(Data excerpts)

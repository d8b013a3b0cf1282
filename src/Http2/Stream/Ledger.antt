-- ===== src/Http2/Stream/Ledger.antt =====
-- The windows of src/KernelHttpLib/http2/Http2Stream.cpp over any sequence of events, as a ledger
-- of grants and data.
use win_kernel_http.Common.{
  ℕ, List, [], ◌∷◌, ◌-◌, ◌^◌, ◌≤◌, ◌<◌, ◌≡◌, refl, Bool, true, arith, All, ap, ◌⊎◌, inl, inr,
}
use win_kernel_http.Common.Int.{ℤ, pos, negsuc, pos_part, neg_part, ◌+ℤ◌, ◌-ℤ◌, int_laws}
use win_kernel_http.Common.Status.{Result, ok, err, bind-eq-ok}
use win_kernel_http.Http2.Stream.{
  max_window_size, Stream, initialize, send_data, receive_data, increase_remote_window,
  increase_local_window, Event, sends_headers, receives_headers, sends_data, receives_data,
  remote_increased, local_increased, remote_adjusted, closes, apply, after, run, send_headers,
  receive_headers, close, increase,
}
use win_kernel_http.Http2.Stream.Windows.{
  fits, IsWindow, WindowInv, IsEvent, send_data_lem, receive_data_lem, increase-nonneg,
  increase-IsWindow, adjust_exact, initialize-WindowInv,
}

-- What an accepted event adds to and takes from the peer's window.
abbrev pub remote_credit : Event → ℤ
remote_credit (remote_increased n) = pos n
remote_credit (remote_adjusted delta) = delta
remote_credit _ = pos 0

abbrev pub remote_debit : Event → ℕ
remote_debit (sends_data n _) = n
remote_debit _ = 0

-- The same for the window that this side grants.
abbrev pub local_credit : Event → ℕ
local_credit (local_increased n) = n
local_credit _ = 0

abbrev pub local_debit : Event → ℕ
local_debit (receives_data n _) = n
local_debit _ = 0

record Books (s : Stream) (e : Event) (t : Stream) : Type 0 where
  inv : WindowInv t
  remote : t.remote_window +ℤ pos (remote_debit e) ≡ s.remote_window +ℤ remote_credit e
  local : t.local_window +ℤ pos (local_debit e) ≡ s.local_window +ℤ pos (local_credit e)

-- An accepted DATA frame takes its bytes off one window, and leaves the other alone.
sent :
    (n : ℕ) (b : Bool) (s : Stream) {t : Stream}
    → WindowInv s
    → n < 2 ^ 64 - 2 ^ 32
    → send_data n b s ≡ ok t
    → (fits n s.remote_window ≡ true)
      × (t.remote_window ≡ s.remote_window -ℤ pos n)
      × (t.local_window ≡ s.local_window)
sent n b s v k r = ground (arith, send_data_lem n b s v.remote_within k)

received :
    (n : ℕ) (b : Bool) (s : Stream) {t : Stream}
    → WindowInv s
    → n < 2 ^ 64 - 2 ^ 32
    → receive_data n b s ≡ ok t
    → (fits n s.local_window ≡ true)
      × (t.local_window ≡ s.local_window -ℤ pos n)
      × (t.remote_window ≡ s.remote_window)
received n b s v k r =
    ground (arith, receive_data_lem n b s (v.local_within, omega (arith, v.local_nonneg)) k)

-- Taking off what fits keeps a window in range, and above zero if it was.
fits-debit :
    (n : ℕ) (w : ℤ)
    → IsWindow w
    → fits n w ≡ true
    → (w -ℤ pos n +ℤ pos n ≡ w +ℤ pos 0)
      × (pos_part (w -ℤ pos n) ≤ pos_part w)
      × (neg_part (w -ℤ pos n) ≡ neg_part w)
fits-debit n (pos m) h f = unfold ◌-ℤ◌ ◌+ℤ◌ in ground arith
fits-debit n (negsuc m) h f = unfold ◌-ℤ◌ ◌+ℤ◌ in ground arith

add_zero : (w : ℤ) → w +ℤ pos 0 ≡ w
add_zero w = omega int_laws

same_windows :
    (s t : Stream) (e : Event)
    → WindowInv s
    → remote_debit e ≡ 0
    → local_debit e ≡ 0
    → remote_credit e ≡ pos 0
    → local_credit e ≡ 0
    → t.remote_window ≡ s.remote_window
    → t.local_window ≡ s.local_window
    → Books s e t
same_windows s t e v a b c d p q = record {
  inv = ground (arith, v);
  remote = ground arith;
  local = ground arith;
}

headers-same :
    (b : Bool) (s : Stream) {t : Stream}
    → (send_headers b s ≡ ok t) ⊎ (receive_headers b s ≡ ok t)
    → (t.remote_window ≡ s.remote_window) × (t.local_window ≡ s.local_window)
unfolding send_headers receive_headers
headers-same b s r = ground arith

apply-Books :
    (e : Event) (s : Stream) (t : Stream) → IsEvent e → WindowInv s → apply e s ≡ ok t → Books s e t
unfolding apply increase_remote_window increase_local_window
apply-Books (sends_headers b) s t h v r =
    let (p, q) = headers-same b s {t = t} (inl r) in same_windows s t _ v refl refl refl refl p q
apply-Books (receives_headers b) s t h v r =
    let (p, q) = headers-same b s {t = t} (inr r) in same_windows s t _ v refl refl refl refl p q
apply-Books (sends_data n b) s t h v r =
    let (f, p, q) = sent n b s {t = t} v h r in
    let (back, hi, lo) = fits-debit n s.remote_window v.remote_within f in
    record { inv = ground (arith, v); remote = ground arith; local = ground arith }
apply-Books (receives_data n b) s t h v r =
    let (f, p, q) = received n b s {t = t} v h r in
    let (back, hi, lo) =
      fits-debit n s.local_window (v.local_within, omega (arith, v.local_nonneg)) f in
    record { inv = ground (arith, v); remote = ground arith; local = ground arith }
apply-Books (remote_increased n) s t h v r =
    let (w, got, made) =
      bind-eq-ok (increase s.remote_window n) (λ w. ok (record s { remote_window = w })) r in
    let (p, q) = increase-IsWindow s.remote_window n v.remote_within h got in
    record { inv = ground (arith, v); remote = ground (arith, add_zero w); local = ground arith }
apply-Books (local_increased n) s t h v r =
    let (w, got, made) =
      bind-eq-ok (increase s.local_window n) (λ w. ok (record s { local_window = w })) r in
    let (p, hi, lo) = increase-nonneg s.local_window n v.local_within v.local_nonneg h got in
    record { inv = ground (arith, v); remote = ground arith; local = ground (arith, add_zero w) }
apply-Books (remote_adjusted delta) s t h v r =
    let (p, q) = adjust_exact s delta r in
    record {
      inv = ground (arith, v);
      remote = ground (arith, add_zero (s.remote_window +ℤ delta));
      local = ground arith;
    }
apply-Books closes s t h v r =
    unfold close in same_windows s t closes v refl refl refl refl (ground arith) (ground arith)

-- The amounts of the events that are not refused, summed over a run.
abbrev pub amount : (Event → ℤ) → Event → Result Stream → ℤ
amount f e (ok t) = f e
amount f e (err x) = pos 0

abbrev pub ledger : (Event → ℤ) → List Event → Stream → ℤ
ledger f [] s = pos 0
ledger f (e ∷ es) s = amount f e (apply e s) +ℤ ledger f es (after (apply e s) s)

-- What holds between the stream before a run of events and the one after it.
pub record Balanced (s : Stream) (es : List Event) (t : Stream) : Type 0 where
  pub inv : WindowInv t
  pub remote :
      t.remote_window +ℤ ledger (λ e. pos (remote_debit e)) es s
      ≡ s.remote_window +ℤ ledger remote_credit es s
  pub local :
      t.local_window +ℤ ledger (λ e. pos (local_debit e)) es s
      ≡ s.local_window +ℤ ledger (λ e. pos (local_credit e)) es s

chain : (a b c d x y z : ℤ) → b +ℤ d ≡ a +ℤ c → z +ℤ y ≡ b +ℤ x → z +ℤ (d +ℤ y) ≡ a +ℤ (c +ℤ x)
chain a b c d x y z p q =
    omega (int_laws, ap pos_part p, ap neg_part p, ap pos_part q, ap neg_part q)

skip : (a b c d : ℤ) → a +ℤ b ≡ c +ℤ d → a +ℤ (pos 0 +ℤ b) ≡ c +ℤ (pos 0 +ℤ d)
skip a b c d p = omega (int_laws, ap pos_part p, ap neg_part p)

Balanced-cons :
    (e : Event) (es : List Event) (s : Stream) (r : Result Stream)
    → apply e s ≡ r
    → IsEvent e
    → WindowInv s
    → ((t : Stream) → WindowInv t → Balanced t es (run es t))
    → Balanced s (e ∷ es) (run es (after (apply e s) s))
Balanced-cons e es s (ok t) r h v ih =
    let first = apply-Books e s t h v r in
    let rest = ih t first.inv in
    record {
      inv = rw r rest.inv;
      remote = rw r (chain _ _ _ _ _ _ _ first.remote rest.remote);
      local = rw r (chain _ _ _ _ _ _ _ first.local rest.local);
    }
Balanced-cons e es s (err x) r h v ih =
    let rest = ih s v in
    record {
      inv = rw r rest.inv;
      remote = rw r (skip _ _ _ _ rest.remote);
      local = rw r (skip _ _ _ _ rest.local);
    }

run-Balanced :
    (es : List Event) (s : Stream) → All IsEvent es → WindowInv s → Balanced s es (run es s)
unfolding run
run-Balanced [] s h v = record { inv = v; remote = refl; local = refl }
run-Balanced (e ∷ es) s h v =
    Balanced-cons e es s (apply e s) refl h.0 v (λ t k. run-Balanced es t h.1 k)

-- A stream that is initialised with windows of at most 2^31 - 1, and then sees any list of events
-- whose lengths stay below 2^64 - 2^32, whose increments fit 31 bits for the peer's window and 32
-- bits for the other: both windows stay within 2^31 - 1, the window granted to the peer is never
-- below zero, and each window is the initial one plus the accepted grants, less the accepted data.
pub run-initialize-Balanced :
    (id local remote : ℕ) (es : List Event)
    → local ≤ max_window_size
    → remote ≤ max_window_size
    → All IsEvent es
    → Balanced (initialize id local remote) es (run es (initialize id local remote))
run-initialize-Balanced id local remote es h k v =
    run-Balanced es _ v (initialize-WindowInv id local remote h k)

**Assignment**.
Retype exactly the lines of the data above that fall between the line with "add_zero : (w : ℤ) → w +ℤ pos 0 ≡ w" and the line with "let (f, p, q) = sent", inclusive, and add nothing.

**Solution for this problem**.
add_zero : (w : ℤ) → w +ℤ pos 0 ≡ w
add_zero w = omega int_laws

same_windows :
    (s t : Stream) (e : Event)
    → WindowInv s
    → remote_debit e ≡ 0
    → local_debit e ≡ 0
    → remote_credit e ≡ pos 0
    → local_credit e ≡ 0
    → t.remote_window ≡ s.remote_window
    → t.local_window ≡ s.local_window
    → Books s e t
same_windows s t e v a b c d p q = record {
  inv = ground (arith, v);
  remote = ground arith;
  local = ground arith;
}

headers-same :
    (b : Bool) (s : Stream) {t : Stream}
    → (send_headers b s ≡ ok t) ⊎ (receive_headers b s ≡ ok t)
    → (t.remote_window ≡ s.remote_window) × (t.local_window ≡ s.local_window)
unfolding send_headers receive_headers
headers-same b s r = ground arith

apply-Books :
    (e : Event) (s : Stream) (t : Stream) → IsEvent e → WindowInv s → apply e s ≡ ok t → Books s e t
unfolding apply increase_remote_window increase_local_window
apply-Books (sends_headers b) s t h v r =
    let (p, q) = headers-same b s {t = t} (inl r) in same_windows s t _ v refl refl refl refl p q
apply-Books (receives_headers b) s t h v r =
    let (p, q) = headers-same b s {t = t} (inr r) in same_windows s t _ v refl refl refl refl p q
apply-Books (sends_data n b) s t h v r =
    let (f, p, q) = sent n b s {t = t} v h r in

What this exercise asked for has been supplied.